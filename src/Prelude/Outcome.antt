-- ===== src/Prelude/Outcome.antt =====
-- Code that can throw over a mutable state: the state at the throw is kept, since callers can
-- see what was written before it.
use mathlib.Core.Path.{◌≡◌, refl}
use mathlib.Core.Logic.{◌⊎◌, inl, inr}
use mathlib.Core.Bool.{Bool, true, false}

pub data Outcome (E S A : Type 0) : Type 0 where
  ok : A → S → Outcome E S A
  err : E → S → Outcome E S A

abbrev pub M : Type 0 → Type 0 → Type 0 → Type 0
M E S A = S → Outcome E S A

abbrev pub pure : {E S A : Type 0} → A → M E S A
pure a s = ok a s

abbrev pub throw : {E S A : Type 0} → E → M E S A
throw e s = err e s

abbrev pub get : {E S A : Type 0} → (S → A) → M E S A
get f s = ok (f s) s

abbrev pub modify : {E S : Type 0} → (S → S) → M E S (Unit {0})
modify f s = ok tt (f s)

infixl 5 ◌>>=◌ ◌>>◌
abbrev pub ◌>>=◌ : {E S A B : Type 0} → M E S A → (A → M E S B) → M E S B
◌>>=◌ m f s = elim (m s) [ ok a s' ↦ f a s' | err e s' ↦ err e s' ]

abbrev pub ◌>>◌ : {E S B : Type 0} → M E S (Unit {0}) → M E S B → M E S B
m >> k = m >>= λ _. k

-- `if (!(test)) throw ...`
abbrev pub guard : {E S : Type 0} → Bool → E → M E S (Unit {0})
guard true e s = ok tt s
guard false e s = err e s

-- `if (test) ...`
abbrev pub when : {E S : Type 0} → Bool → M E S (Unit {0}) → M E S (Unit {0})
when true m s = m s
when false m s = ok tt s

pub >>=-ok :
    {E S A B : Type 0} (m : M E S A) (f : A → M E S B) {s t : S} {a : A}
    → m s ≡ ok a t
    → (m >>= f) s ≡ f a t
>>=-ok m f e = rw (e, ◌>>=◌)

pub >>-ok :
    {E S B : Type 0} (m : M E S (Unit {0})) (k : M E S B) {s t : S}
    → m s ≡ ok tt t
    → (m >> k) s ≡ k t
>>-ok m k e = rw (e, ◌>>=◌)

pub >>=-err :
    {E S A B : Type 0} (m : M E S A) (f : A → M E S B) {s t : S} {e : E}
    → m s ≡ err e t
    → (m >>= f) s ≡ err e t
>>=-err m f p = rw (p, ◌>>=◌)

pub Outcome-cases :
    {E S A : Type 0} (o : Outcome E S A)
    → ((a : A) × (s : S) × (o ≡ ok a s)) ⊎ ((e : E) × (s : S) × (o ≡ err e s))
Outcome-cases (ok a s) = inl (a, s, refl)
Outcome-cases (err e s) = inr (e, s, refl)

·····

Your answer should be the full set of records, printed exactly.

Your solution =
filename src/Prelude/Outcome.antt
-- ===== src/Prelude/Outcome.antt =====
-- Code that can throw over a mutable state: the state at the throw is kept, since callers can
-- see what was written before it.
use mathlib.Core.Path.{◌≡◌, refl}
use mathlib.Core.Logic.{◌⊎◌, inl, inr}
use mathlib.Core.Bool.{Bool, true, false}

pub data Outcome (E S A : Type 0) : Type 0 where
  ok : A → S → Outcome E S A
  err : E → S → Outcome E S A

abbrev pub M : Type 0 → Type 0 → Type 0 → Type 0
M E S A = S → Outcome E S A

abbrev pub pure : {E S A : Type 0} → A → M E S A
pure a s = ok a s

abbrev pub throw : {E S A : Type 0} → E → M E S A
throw e s = err e s

abbrev pub get : {E S A : Type 0} → (S → A) → M E S A
get f s = ok (f s) s

abbrev pub modify : {E S : Type 0} → (S → S) → M E S (Unit {0})
modify f s = ok tt (f s)

infixl 5 ◌>>=◌ ◌>>◌
abbrev pub ◌>>=◌ : {E S A B : Type 0} → M E S A → (A → M E S B) → M E S B
◌>>=◌ m f s = elim (m s) [ ok a s' ↦ f a s' | err e s' ↦ err e s' ]

abbrev pub ◌>>◌ : {E S B : Type 0} → M E S (Unit {0}) → M E S B → M E S B
m >> k = m >>= λ _. k

-- `if (!(test)) throw ...`
abbrev pub guard : {E S : Type 0} → Bool → E → M E S (Unit {0})
guard true e s = ok tt s
guard false e s = err e s

-- `if (test) ...`
abbrev pub when : {E S : Type 0} → Bool → M E S (Unit {0}) → M E S (Unit {0})
when true m s = m s
when false m s = ok tt s

pub >>=-ok :
    {E S A B : Type 0} (m : M E S A) (f : A → M E S B) {s t : S} {a : A}
    → m s ≡ ok a t
    → (m >>= f) s ≡ f a t
>>=-ok m f e = rw (e, ◌>>=◌)

pub >>-ok :
    {E S B : Type 0} (m : M E S (Unit {0})) (k : M E S B) {s t : S}
    → m s ≡ ok tt t
    → (m >> k) s ≡ k t
>>-ok m k e = rw (e, ◌>>=◌)

pub >>=-err :
    {E S A B : Type 0} (m : M E S A) (f : A → M E S B) {s t : S} {e : E}
    → m s ≡ err e t
    → (m >>= f) s ≡ err e t
>>=-err m f p = rw (p, ◌>>=◌)

pub Outcome-cases :
    {E S A : Type 0} (o : Outcome E S A)
    → ((a : A) × (s : S) × (o ≡ ok a s)) ⊎ ((e : E) × (s : S) × (o ≡ err e s))
Outcome-cases (ok a s) = inl (a, s, refl)
Outcome-cases (err e s) = inr (e, s, refl)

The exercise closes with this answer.